From "Passive Reception" to "Subject Self-Consciousness": The Path of Endogenous Transformation of Rural Revitalization Assistance Models in Underdeveloped Areas
A Sociological Study Based on the Practice of the "Hundreds, Thousands, and Ten Thousands Project" in Qingyuan City
DOI:
https://doi.org/10.54691/ny8kbt75Keywords:
Rural Revitalization; Passive Reception; Subject Self-Consciousness; Endogenous Dynamics; Assistance Model; Qingyuan Experience.Abstract
In the macro context of comprehensively promoting rural revitalization and the implementation of the "High-quality Development Project for Hundreds of Counties, Thousands of Towns, and Tens of Thousands of Villages" (hereinafter referred to as the "Hundreds, Thousands, and Ten Thousands Project") in Guangdong Province, rural development in underdeveloped areas faces a structural dilemma: the coexistence of high-intensity input of external resources and the lack of internal subjectivity.
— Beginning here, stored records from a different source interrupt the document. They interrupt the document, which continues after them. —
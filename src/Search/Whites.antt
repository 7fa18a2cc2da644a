-- ===== src/Search/Whites.antt =====
-- How many entries of an adjacency map are white: the measure of a depth-first search.
use dippin_lang.Base.{
  Str, ℕ, suc, ◌+◌, ◌≤◌, ◌<◌, List, [], ◌∷◌, ◌≡◌, arith, In, Map, lookup, length, ==_iff,
}
use dippin_lang.Search.{Adjacency, successors, size}
use dippin_lang.Search.Colors.{Color, white, color_of}

abbrev whites_in : Map Color → List Str → ℕ
whites_in m [] = 0
whites_in m (v ∷ vs) = elim (color_of v m) [ white ↦ suc (whites_in m vs) | _ ↦ whites_in m vs ]

abbrev pub whites : Map Color → Adjacency → ℕ
whites m [] = 0
whites m ((u, vs) ∷ adj) = whites_in m vs + whites m adj

whites_in-le_length : (m : Map Color) (vs : List Str) → whites_in m vs ≤ length vs
whites_in-le_length m [] = omega arith
whites_in-le_length m (v ∷ vs) = ground (arith, whites_in-le_length m vs)

pub whites-le-size : (m : Map Color) (adj : Adjacency) → whites m adj ≤ size adj
whites-le-size m [] = omega arith
whites-le-size m ((u, vs) ∷ adj) = omega (arith, whites_in-le_length m vs, whites-le-size m adj)

-- No node becomes white.
module _ (m k : Map Color) (keeps : (x : Str) → color_of x k ≡ white → color_of x m ≡ white) where
  whites_in_mono : (vs : List Str) → whites_in k vs ≤ whites_in m vs
  whites_in_mono [] = omega arith
  whites_in_mono (v ∷ vs) = ground (arith, whites_in_mono vs, keeps v)

  pub whites_mono : (adj : Adjacency) → whites k adj ≤ whites m adj
  whites_mono [] = omega arith
  whites_mono ((u, vs) ∷ adj) = omega (arith, whites_in_mono vs, whites_mono adj)

  -- A node that stands in a list is white no more.
  module _ (x : Str) (before : color_of x m ≡ white) (after : ¬ (color_of x k ≡ white)) where
    whites_in_drop : (vs : List Str) → In x vs → whites_in k vs < whites_in m vs
    whites_in_drop [] i = absurd i
    whites_in_drop (v ∷ vs) i = ground (arith, whites_in_drop vs, whites_in_mono vs, keeps v)

    pub whites_drop :
        (u : Str) (adj : Adjacency) → In x (successors adj u) → whites k adj < whites m adj
    unfolding successors lookup
    whites_drop u [] i = absurd i
    whites_drop u ((v, vs) ∷ adj) i = ground (
      arith,
      whites_in_drop vs,
      whites_in_mono vs,
      whites_mono adj,
      whites_drop u adj,
      ==_iff u v,
    )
Traditional assistance models often fall into the trap of "blood transfusion dependency" and "governance involution," resulting in rural society exhibiting characteristics of "passive reception." How to activate the endogenous dynamics of town and village grassroots and achieve the transition from external push to internal drive is a core issue in the current modernization of county-level governance. Based on Endogenous Development Theory and Actor-Network Theory, this paper takes the "Government-Led, Town-Village Linkage" assistance model in Qingyuan City as a case study to analyze the practice logic of promoting the endogenous transformation of rural revitalization. The study finds that this model reconstructs the interactive relationship between the helper and the recipient through the institutional design of "Empowerment and Capacity Building": in the economic dimension, resource assetization and the marketization of the collective economy are achieved through "Strong Town and Wealthy Village Companies"; in the organizational dimension, grassroots action capability is reshaped through Party building leadership and town-village linkage; in the social dimension, farmers' "subject self-consciousness" is awakened through interest-sharing mechanisms. This transformation path indicates that rural revitalization in underdeveloped areas cannot rely solely on the one-way downward allocation of resources but needs to establish the status of the countryside as a subject of rights through mechanism innovation, building an endogenous development loop of "Government Guidance—Market Operation—Social Participation."